-- ===== src/Lifecycle/Table.antt =====
-- Looking up a row by its id, under updates, filters and the ORDER BY of the query.
use share_sentinel.Prelude.{
  ℕ, ◌+◌, ◌≤◌, ◌≡◌, refl, Bool, Option, none, some, [], ◌∷◌, arith, beq, filter, if◌then◌else◌,
}
use mathlib.Core.Option
use share_sentinel.Lifecycle.Row.{Row, Table, update, find}
use share_sentinel.Lifecycle.Processor.{insert_by_created, order_by_created}

-- How many rows have an id. The primary key keeps it at one.
unfoldable pub count : ℕ → Table → ℕ
count k [] = 0
count k (r ∷ t) = (if beq r.id k then 1 else 0) + count k t

pub record IsKeyed (t : Table) : Type 0 where
  pub once : (k : ℕ) → count k t ≤ 1

pub find-update :
    (k j : ℕ) (f : Row → Row) (t : Table)
    → ((r : Row) → (f r).id ≡ r.id)
    → find j (update k f t) ≡ (if beq k j then Option.map f (find j t) else find j t)
unfolding find update
find-update k j f [] h = ground arith
find-update k j f (r ∷ t) h = ground (arith, find-update k j f t h, h r)

pub count-update :
    (k j : ℕ) (f : Row → Row) (t : Table)
    → ((r : Row) → (f r).id ≡ r.id)
    → count j (update k f t) ≡ count j t
unfolding count update
count-update k j f [] h = refl
count-update k j f (r ∷ t) h = ground (arith, count-update k j f t h, h r)

pub count-filter-le : (k : ℕ) (p : Row → Bool) (t : Table) → count k (filter p t) ≤ count k t
unfolding count
count-filter-le k p [] = omega arith
count-filter-le k p (r ∷ t) = ground (arith, count-filter-le k p t)

count-insert : (k : ℕ) (r : Row) (t : Table) → count k (insert_by_created r t) ≡ count k (r ∷ t)
unfolding count insert_by_created
count-insert k r [] = refl
count-insert k r (x ∷ t) = ground (arith, count-insert k r t)

pub count-order : (k : ℕ) (t : Table) → count k (order_by_created t) ≡ count k t
unfolding count order_by_created
count-order k [] = refl
count-order k (r ∷ t) = ground (arith, count-insert k r (order_by_created t), count-order k t)

pub find-none_of_count : (k : ℕ) (t : Table) → count k t ≤ 0 → find k t ≡ none
unfolding count find
find-none_of_count k [] h = refl
find-none_of_count k (r ∷ t) h = ground (arith, find-none_of_count k t)

find-insert :
    (k : ℕ) (r : Row) (t : Table)
    → count k (r ∷ t) ≤ 1
    → find k (insert_by_created r t) ≡ find k (r ∷ t)
unfolding count find insert_by_created
find-insert k r [] h = refl
find-insert k r (x ∷ t) h = ground (arith, find-insert k r t, find-none_of_count k t)

pub find-order : (k : ℕ) (t : Table) → count k t ≤ 1 → find k (order_by_created t) ≡ find k t
unfolding count find order_by_created
find-order k [] h = refl
find-order k (r ∷ t) h =
    ground (arith, find-insert k r (order_by_created t), count-order k t, find-order k t)

-- A row of the filtered table is the row of its id, if that passes the test.
abbrev pub keep_if : (Row → Bool) → Option Row → Option Row
keep_if p none = none
keep_if p (some r) = if p r then some r else none

pub find-filter :
    (k : ℕ) (p : Row → Bool) (t : Table)
    → count k t ≤ 1
    → find k (filter p t) ≡ keep_if p (find k t)
unfolding count find
find-filter k p [] h = refl
find-filter k p (r ∷ t) h = ground (
  arith,
  find-filter k p t,
  find-none_of_count k t,
  find-none_of_count k (filter p t),
  count-filter-le k p t,
)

**Task statement**
In full and without changes, repeat the listing.

**Result for this exercise**
-- ===== src/Lifecycle/Table.antt =====
-- Looking up a row by its id, under updates, filters and the ORDER BY of the query.
use share_sentinel.Prelude.{
  ℕ, ◌+◌, ◌≤◌, ◌≡◌, refl, Bool, Option, none, some, [], ◌∷◌, arith, beq, filter, if◌then◌else◌,
}
use mathlib.Core.Option
use share_sentinel.Lifecycle.Row.{Row, Table, update, find}
use share_sentinel.Lifecycle.Processor.{insert_by_created, order_by_created}

-- How many rows have an id. The primary key keeps it at one.
unfoldable pub count : ℕ → Table → ℕ
count k [] = 0
count k (r ∷ t) = (if beq r.id k then 1 else 0) + count k t

pub record IsKeyed (t : Table) : Type 0 where
  pub once : (k : ℕ) → count k t ≤ 1

pub find-update :
    (k j : ℕ) (f : Row → Row) (t : Table)
    → ((r : Row) → (f r).id ≡ r.id)
    → find j (update k f t) ≡ (if beq k j then Option.map f (find j t) else find j t)
unfolding find update
find-update k j f [] h = ground arith
find-update k j f (r ∷ t) h = ground (arith, find-update k j f t h, h r)

pub count-update :
    (k j : ℕ) (f : Row → Row) (t : Table)
    → ((r : Row) → (f r).id ≡ r.id)
    → count j (update k f t) ≡ count j t
unfolding count update
count-update k j f [] h = refl
count-update k j f (r ∷ t) h = ground (arith, count-update k j f t h, h r)

pub count-filter-le : (k : ℕ) (p : Row → Bool) (t : Table) → count k (filter p t) ≤ count k t
unfolding count
count-filter-le k p [] = omega arith
count-filter-le k p (r ∷ t) = ground (arith, count-filter-le k p t)

count-insert : (k : ℕ) (r : Row) (t : Table) → count k (insert_by_created r t) ≡ count k (r ∷ t)
unfolding count insert_by_created
count-insert k r [] = refl
count-insert k r (x ∷ t) = ground (arith, count-insert k r t)

pub count-order : (k : ℕ) (t : Table) → count k (order_by_created t) ≡ count k t
unfolding count order_by_created
count-order k [] = refl
count-order k (r ∷ t) = ground (arith, count-insert k r (order_by_created t), count-order k t)

pub find-none_of_count : (k : ℕ) (t : Table) → count k t ≤ 0 → find k t ≡ none
unfolding count find
find-none_of_count k [] h = refl
find-none_of_count k (r ∷ t) h = ground (arith, find-none_of_count k t)

find-insert :
    (k : ℕ) (r : Row) (t : Table)
    → count k (r ∷ t) ≤ 1
    → find k (insert_by_created r t) ≡ find k (r ∷ t)
unfolding count find insert_by_created
find-insert k r [] h = refl
find-insert k r (x ∷ t) h = ground (arith, find-insert k r t, find-none_of_count k t)

pub find-order : (k : ℕ) (t : Table) → count k t ≤ 1 → find k (order_by_created t) ≡ find k t
unfolding count find order_by_created
find-order k [] h = refl
find-order k (r ∷ t) h =
    ground (arith, find-insert k r (order_by_created t), count-order k t, find-order k t)

-- A row of the filtered table is the row of its id, if that passes the test.
abbrev pub keep_if : (Row → Bool) → Option Row → Option Row
keep_if p none = none
keep_if p (some r) = if p r then some r else none

pub find-filter :
    (k : ℕ) (p : Row → Bool) (t : Table)
    → count k t ≤ 1
    → find k (filter p t) ≡ keep_if p (find k t)
unfolding count find
find-filter k p [] h = refl
find-filter k p (r ∷ t) h = ground (
  arith,
  find-filter k p t,
  find-none_of_count k t,
  find-none_of_count k (filter p t),
  count-filter-le k p t,
)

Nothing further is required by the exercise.